3 minute read
HOW CAN MERGER TREES AND TECHNOLOGY BE USED TO MAP DARK MATTER?
Izzi Millar (OHS)
Dark matter is one of the greatest unsolved mysteries of the universe today. In 1980, American astronomer Vera Rubin presented evidence that shows around 83% of the matter in the universe is made up of something that cannot be seen using a telescope. She proved this by showing that the outer regions of galaxies spin a lot faster than expected given the mass that can be calculated using visible light. Dark matter is a form of matter that doesn’t interact with the electromagnetic force, which means it doesn’t absorb heat or light, so the only way astronomers can detect it is through its interaction with gravity, making the outer parts of galaxies spin much faster. Dark matter forms in rings around galaxies and galaxy clusters, called dark matter halos, impacting the way the galaxies evolve and move. Astronomers use n-body simulations to create merger trees to track halos. An n-body simulation is a computer program that simulates a large number of particles and how they interact with forces, usually gravity. In 2005 the Millennium simulation was run. This was an n-body simulation using more than 10 billion particles, showing the galaxy and dark matter distribution in a cubic region of the universe that was over 2 billion light years on each side. It took the principal supercomputer at the Max Planck Society’s Supercomputing Centre over a month to run.

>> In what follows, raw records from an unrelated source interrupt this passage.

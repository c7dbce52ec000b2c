-- ===== src/Agent/Main.antt =====
-- crates/cli/src/main.rs: the commands, and what `main` does with them.
use gamenet.Base.{ℕ, ◌≡◌, ◌≢◌, Bool, Option, some, List, [], ◌∷◌, Result, ok, err}
use gamenet.Errors.{Error}
use gamenet.Hex.{Text}
use gamenet.Protocol.{TunnelToken, ControlMessage, identity_rotated, identity_recovered}
use gamenet.Presets.{local_port_for}
use gamenet.Identity.{FileSystem, Faults, M, ◌>>=◌, pure, read_existing}
use gamenet.Identity.Files.{content, Keeps-read_existing}
use gamenet.Identity.Paths.{Environment, identity_path, recovery_path, read_recovery}
use gamenet.Agent.{rotate_identity_at, recover_identity_at, one_second}
use gamenet.Agent.Acknowledged.{rotate_identity_at-Keeps, recover_identity_at-Keeps}
use gamenet.Agent.Backup.{show_recovery_code as show_code}
use gamenet.Agent.Hosting.{Attempt, connect, host_loop, after_first, with_local_port, host}
use gamenet.Agent.Hosting.Stays.{Stays, Stays-bind, Stays-Keeps, connect-Stays_identity}

-- The server and `--insecure` are left to `connect_quic`.
pub data Commands : Type 0 where
  host_game : Option Text → Option ℕ → Commands
  rotate_identity : Commands
  show_recovery_code : Commands
  recover_identity : Bool → Commands

-- What a command has printed, or the attempts of a host.
pub data Printed : Type 0 where
  code : Text → Printed
  recovered : ℕ → Printed
  rotated : Option ℕ → Printed
  hosted : List (ℕ × Result Error ℕ) → Printed

module _ (sha256 : List ℕ → List ℕ) (env : Environment) where
  -- `first` is what is outside at the command, or at the first attempt of a host; `attempts` are the
  -- later ones; `typed` is what is typed at the prompt.
  unfoldable pub main : Commands → Attempt → List Attempt → Result Error Text → M Printed
  main (host_game game port) first attempts typed = do
    log ← host sha256 env game port first attempts
    pure (hosted log)
  main Commands.rotate_identity first attempts typed = do
    port ←
        rotate_identity_at first.faults (identity_path env) first.candidate first.connected
          first.relay
    pure (rotated port)
  main Commands.show_recovery_code first attempts typed = do
    text ← show_code first.faults env
    pure (code text)
  main (Commands.recover_identity use_backup_code) first attempts typed = do
    port ←
        recover_identity_at first.faults (identity_path env) (recovery_path env) first.candidate
          use_backup_code typed first.connected first.relay
    pure (recovered port)

  module _ (t : TunnelToken) where
    host_loop-Stays :
        (local_port : ℕ) (attempts : List Attempt) (delay : ℕ) (fs : FileSystem)
        → content (fs (identity_path env)) ≡ some t
        → content ((host_loop sha256 env local_port delay attempts fs).0 (identity_path env))
          ≡ some t
    unfolding host_loop
    host_loop-Stays local_port [] delay fs h = h
    host_loop-Stays local_port (a ∷ attempts) delay fs h =
        host_loop-Stays local_port attempts _ (connect sha256 env local_port a fs).0
          (connect-Stays_identity sha256 env local_port a t fs h)

    host-Stays :
        (game : Option Text) (port : Option ℕ) (first : Attempt) (attempts : List Attempt)
        → Stays (identity_path env) t (host sha256 env game port first attempts)
    unfolding host
    host-Stays game port first attempts fs h = with_port (local_port_for game port)
      where
        looped :
            (local_port : ℕ) (r : FileSystem × Result Error ℕ)
            → content (r.0 (identity_path env)) ≡ some t
            → content (
                (after_first r (host_loop sha256 env local_port one_second attempts)).0
                  (identity_path env))
              ≡ some t
        looped local_port (fs₁, err e) k = k
        looped local_port (fs₁, ok p) k = host_loop-Stays local_port attempts one_second fs₁ k

        with_port :
            (o : Result Error ℕ)
            → content (
                (with_local_port fs o (λ local_port.
                    after_first
                      (connect sha256 env local_port first fs)
                      (host_loop sha256 env local_port one_second attempts))).0
                  (identity_path env))
              ≡ some t
        with_port (err e) = h
        with_port (ok local_port) =
            looped local_port (connect sha256 env local_port first fs)
              (connect-Stays_identity sha256 env local_port first t fs h)

    show_recovery_code-Stays :
        (faults : Faults) → Stays (identity_path env) t (show_code faults env)
    unfolding show_code read_recovery
    show_recovery_code-Stays faults =
        let p = identity_path env in
        Stays-bind p t (read_existing faults (recovery_path env)) _
          (Stays-Keeps p t (read_existing faults (recovery_path env))
            (Keeps-read_existing p faults (recovery_path env)))
          λ s fs h. h

    -- While the relay acknowledges neither a rotation nor a recovery, the identity of the user stays
    -- what it is, whatever command is run and however often a host connects, whatever the operating
    -- system refuses and whatever is typed.
    pub main-Stays :
        (command : Commands) (first : Attempt) (attempts : List Attempt) (typed : Result Error Text)
        → ((m : ControlMessage) (port : Option ℕ)
            → first.relay m ≢ ok (some (identity_rotated port)))
        → ((m : ControlMessage) (port : ℕ) → first.relay m ≢ ok (some (identity_recovered port)))
        → (fs : FileSystem) → content (fs (identity_path env)) ≡ some t
        → content ((main command first attempts typed fs).0 (identity_path env)) ≡ some t
    unfolding main
    main-Stays (host_game game port) first attempts typed n n' =
        Stays-bind (identity_path env) t (host sha256 env game port first attempts) _
          (host-Stays game port first attempts) λ log fs h. h
    main-Stays Commands.rotate_identity first attempts typed n n' =
        let p = identity_path env in
        let m = rotate_identity_at first.faults p first.candidate first.connected first.relay in
        Stays-bind p t m _
          (Stays-Keeps p t m
            (rotate_identity_at-Keeps first.faults p first.candidate first.connected first.relay n))
          λ port fs h. h
    main-Stays Commands.show_recovery_code first attempts typed n n' =
        Stays-bind (identity_path env) t (show_code first.faults env) _
          (show_recovery_code-Stays first.faults) λ text fs h. h
    main-Stays (Commands.recover_identity backup) first attempts typed n n' =
        let p = identity_path env in
        let q = recovery_path env in
        let m =
          recover_identity_at first.faults p q first.candidate backup typed first.connected
            first.relay in
        Stays-bind p t m _
          (Stays-Keeps p t m (
            recover_identity_at-Keeps first.faults p q first.candidate backup typed first.connected
              first.relay n'))
          λ port fs h. h
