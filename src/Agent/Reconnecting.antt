-- ===== src/Agent/Reconnecting.antt =====
-- The delays between the attempts to reconnect.
use gamenet.Base.{
  ℕ, zero, suc, ◌*◌, ◌^◌, ◌≡◌, refl, ◌∙◌, ap, min, Bool, true, false, List, [], ◌∷◌, ◌++◌, arith,
}
use native.Mathlib.Nat.{mul_assoc}
use gamenet.Agent.{retry_cap, one_second, next_retry_delay, reconnects}

-- Attempts that all fail.
abbrev pub failures : ℕ → List Bool
failures zero = []
failures (suc n) = false ∷ failures n

-- The delays of one second, two seconds, and so on, none above fifteen seconds.
abbrev pub doubling : ℕ → ℕ → List ℕ
doubling delay zero = []
doubling delay (suc n) = min delay retry_cap ∷ doubling (delay * 2) n

next_retry_delay-min : (d : ℕ) → next_retry_delay (min d retry_cap) ≡ min (d * 2) retry_cap
unfolding next_retry_delay
next_retry_delay-min d = omega arith

double : (d n : ℕ) → d * 2 * 2 ^ n ≡ d * 2 ^ suc n
double d n = mul_assoc d 2 (2 ^ n) ∙ ap (λ x. d * x) (omega arith)

reconnects-min :
    (d n : ℕ) (rest : List Bool)
    → reconnects (min d retry_cap) (failures n ++ rest)
      ≡ doubling d n ++ reconnects (min (d * 2 ^ n) retry_cap) rest
unfolding reconnects
reconnects-min d zero rest = ap (λ x. reconnects (min x retry_cap) rest) (omega arith)
reconnects-min d (suc n) rest =
    rw (next_retry_delay-min d, reconnects-min (d * 2) n rest, double d n)

-- The delays before the attempts to reconnect double from one second on while they fail, none above
-- fifteen seconds, and those after `n` failures begin at the smaller of `2 ^ n` and fifteen seconds;
-- after a success they begin at one second again.
pub reconnects-failures :
    (n : ℕ) (rest : List Bool)
    → (reconnects one_second (failures n ++ rest)
        ≡ doubling one_second n ++ reconnects (min (one_second * 2 ^ n) retry_cap) rest)
      × ((d : ℕ) → reconnects d (true ∷ rest) ≡ d ∷ reconnects one_second rest)
unfolding reconnects
reconnects-failures n rest = (reconnects-min one_second n rest, λ d. refl)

A merger tree is a graph of circles, which represent halos, with the radius indicating mass. These circles are connected using dotted lines, which show the descendants and ascendants of each individual halo. They are constructed by taking information from n-body simulations, such as the Millennium simulation, to predict the masses of previous dark matter halos and the redshifts at which they merge.

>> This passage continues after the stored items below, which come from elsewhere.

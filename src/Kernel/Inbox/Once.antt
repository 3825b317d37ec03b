-- ===== src/Kernel/Inbox/Once.antt =====
-- How often the work for a handler and an event runs, over a sequence of deliveries.
use aiya_cms.Prelude.{
  ◌⊎◌, eq_iff, ℕ, ◌+◌, ◌≤◌, ◌≡◌, ◌∙◌, refl, sym, ap, subst, String, Bool, true, false, List, [],
  ◌∷◌, ◌++◌, ◌&&◌, ◌==◌, str_eq, any, any-last, arith, if◌then◌else◌, Bool-cases, inl, inr, eq_refl,
  ==_refl,
}
use aiya_cms.Prelude.Result.{Result, ok, err}
use aiya_cms.Kernel.Inbox.{InboxReceipt, is_receipt, already_processed, Inbox, process}

any-append :
    (p : InboxReceipt → Bool) (xs ys : List InboxReceipt)
    → any p xs ≡ true
    → any p (xs ++ ys) ≡ true
any-append p [] ys h = cc
any-append p (x ∷ xs) ys h = ground (arith, any-append p xs ys)

-- 1 for a delivery whose work ran to its end, 0 for any other.
abbrev pub ran : {E : Type 0} → Result E Bool → ℕ
ran (ok true) = 1
ran (ok false) = 0
ran (err e) = 0

same_pair :
    (h handler : String) (e event : ℕ)
    → (str_eq h handler && (e == event)) ≡ true
    → (h ≡ handler) × (e ≡ event)
same_pair h handler e event p = ((eq_iff h handler).0 (ground arith), ground arith)

module _ {E W : Type 0} where
  -- How often, in a sequence of deliveries, the work for this handler and event ran to its end.
  unfoldable pub runs : (String → ℕ → W → Result E W) → String → ℕ → List (String × ℕ) → Inbox W → ℕ
  runs work handler event [] d = 0
  runs work handler event ((h, e) ∷ rest) d =
      let (result, d') = process h e (work h e) d in
      let later = runs work handler event rest d' in
      if str_eq h handler && (e == event) then ran result + later else later

  -- A receipt is never lost.
  process-keeps :
      (h : String) (e : ℕ) (w : W → Result E W) (handler : String) (event : ℕ) (d : Inbox W)
      → already_processed handler event d.receipts ≡ true
      → already_processed handler event (process h e w d).1.receipts ≡ true
  unfolding process already_processed
  process-keeps h e w handler event d p = elim (Bool-cases (any (is_receipt h e) d.receipts)) [
    | inl c ↦ rw (c, process) p
    | inr c ↦ by_work (w d.world) refl c
  ]
    where
      by_work :
          (r : Result E W)
          → w d.world ≡ r
          → any (is_receipt h e) d.receipts ≡ false
          → any (is_receipt handler event) (process h e w d).1.receipts ≡ true
      by_work (ok x) q c =
          rw (c, process) (rw q (any-append (is_receipt handler event) d.receipts _ p))
      by_work (err x) q c = rw (c, process) (rw q p)

  -- A delivery that ran, or was a duplicate, is on record afterwards.
  process-records :
      (h : String) (e : ℕ) (w : W → Result E W) (d : Inbox W)
      → (ran (process h e w d).0 ≡ 0)
        ⊎ ((ran (process h e w d).0 ≡ 1)
            × (already_processed h e d.receipts ≡ false)
            × (already_processed h e (process h e w d).1.receipts ≡ true))
  unfolding process already_processed
  process-records h e w d = elim (Bool-cases (any (is_receipt h e) d.receipts)) [
    | inl c ↦ inl (rw (c, process) refl)
    | inr c ↦ by_work (w d.world) refl c
  ]
    where
      by_work :
          (r : Result E W)
          → w d.world ≡ r
          → any (is_receipt h e) d.receipts ≡ false
          → (ran (process h e w d).0 ≡ 0)
            ⊎ ((ran (process h e w d).0 ≡ 1)
                × (any (is_receipt h e) d.receipts ≡ false)
                × (any (is_receipt h e) (process h e w d).1.receipts ≡ true))
      by_work (ok x) q c = inr (
        rw (c, process) (rw q refl),
        c,
        rw (c, process)
            (rw q (any-last (is_receipt h e) d.receipts _ (rw (eq_refl h) (==_refl e)))),
      )
      by_work (err x) q c = inl (rw (c, process) (rw q refl))

  runs-recorded :
      (work : String → ℕ → W → Result E W) (handler : String) (event : ℕ) (xs : List (String × ℕ))
      (d : Inbox W)
      → already_processed handler event d.receipts ≡ true
      → runs work handler event xs d ≡ 0
  unfolding runs
  runs-recorded work handler event [] d p = refl
  runs-recorded work handler event ((h, e) ∷ xs) d p =
      let later =
        runs-recorded work handler event xs (process h e (work h e) d).1
          (process-keeps h e (work h e) handler event d p) in
      elim (Bool-cases (str_eq h handler && (e == event))) [
        | inr c ↦ rw c later
        | inl c ↦
            let (hs, es) = same_pair h handler e event c in
            elim (process-records h e (work h e) d) [
              | inl z ↦ rw (c, z) (omega (arith, later))
              | inr (_, fresh, _) ↦ absurd (
                  ground (
                    arith,
                    sym (ap (λ x. already_processed x e d.receipts) hs) ∙ fresh,
                    ap (λ x. already_processed handler x d.receipts) es,
                  ))
            ]
      ]

  -- In any sequence of deliveries, redeliveries among them, with handlers that may fail: the work for
  -- one handler and event runs to its end, and is committed, at most once.
  pub runs_bound :
      (work : String → ℕ → W → Result E W) (handler : String) (event : ℕ) (xs : List (String × ℕ))
      (d : Inbox W)
      → runs work handler event xs d ≤ 1
  unfolding runs
  runs_bound work handler event [] d = omega arith
  runs_bound work handler event ((h, e) ∷ xs) d =
      elim (Bool-cases (str_eq h handler && (e == event))) [
        | inr c ↦ rw c (runs_bound work handler event xs (process h e (work h e) d).1)
        | inl c ↦
            let (hs, es) = same_pair h handler e event c in
            elim (process-records h e (work h e) d) [
              | inl z ↦
                  rw (c, z)
                    (omega (arith, runs_bound work handler event xs (process h e (work h e) d).1))
              | inr (one, _, kept) ↦
                  let later = runs-recorded work handler event xs (process h e (work h e) d).1 (
                    subst
                      (λ x. already_processed x event (process h e (work h e) d).1.receipts ≡ true)
                      hs
                      (subst
                        (λ x. already_processed h x (process h e (work h e) d).1.receipts ≡ true) es
                        kept)) in
                  rw (c, one, later) (omega arith)
            ]
      ]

An example of a merger tree There are two ways in which scientists can grow a merger tree. The first way is to start at a high red shift (a long time ago) with dark matter particles and run the n-body simulation to see how halos merge and grow, mimicking what happens in the real universe. The other is to start with the halos that we can map in the current day using the gravitational effects on the outer regions of galaxies and work backwards. When astronomers have a full merger tree they can then expand and augment that tree by selecting one of the dark matter halos in it and creating more trees for that halo. If the progenitor halos that have been mapped in the new trees match the masses of the progenitor halos in the original tree then the two trees can then be integrated into a one bigger, more detailed tree.
Because such a large fraction of the matter in the universe is dark matter the way that dark matter halos merge has a large effect on how the galaxy within it forms. A halo of a certain mass could have multiple possible merging histories. Therefore, understanding halo development is important to fully understand galaxy evolution. N-body simulations and merger trees are by far the most accurate way to track dark matter halos but are still very expensive because of the massive number of calculations needed to run them. In the future, more technological advances should lead to the possibility of more detailed simulations, further improving our knowledge of the universe’s development.
Bibliography
https://astronomy.swin.edu.au/cosmos/d/dark+halo http://coewww.rutgers.edu/www2/vizlab/node/84 https://wwwmpa.mpa-garching.mpg.de/galform/ virgo/millennium/ Benson, A.J., Cannella, C. & Cole, S. Achieving convergence in galaxy formation models by augmenting N-body merger trees. Comput. Astrophys. 3, 3 (2016). https://doi.org/10.1186/s40668-016-0016-3 Rachel S. Somerville, Tsafrir S. Kolatt, How to plant a merger tree, Monthly Notices of the Royal Astronomical Society, Volume 305, Issue 1, May 1999, Pages 1–14, https://doi.org/10.1046/j.13658711.1999.02154.x
Mitton, J. (2017). The Astronomy Book. London: Dorling Kindersley Ltd.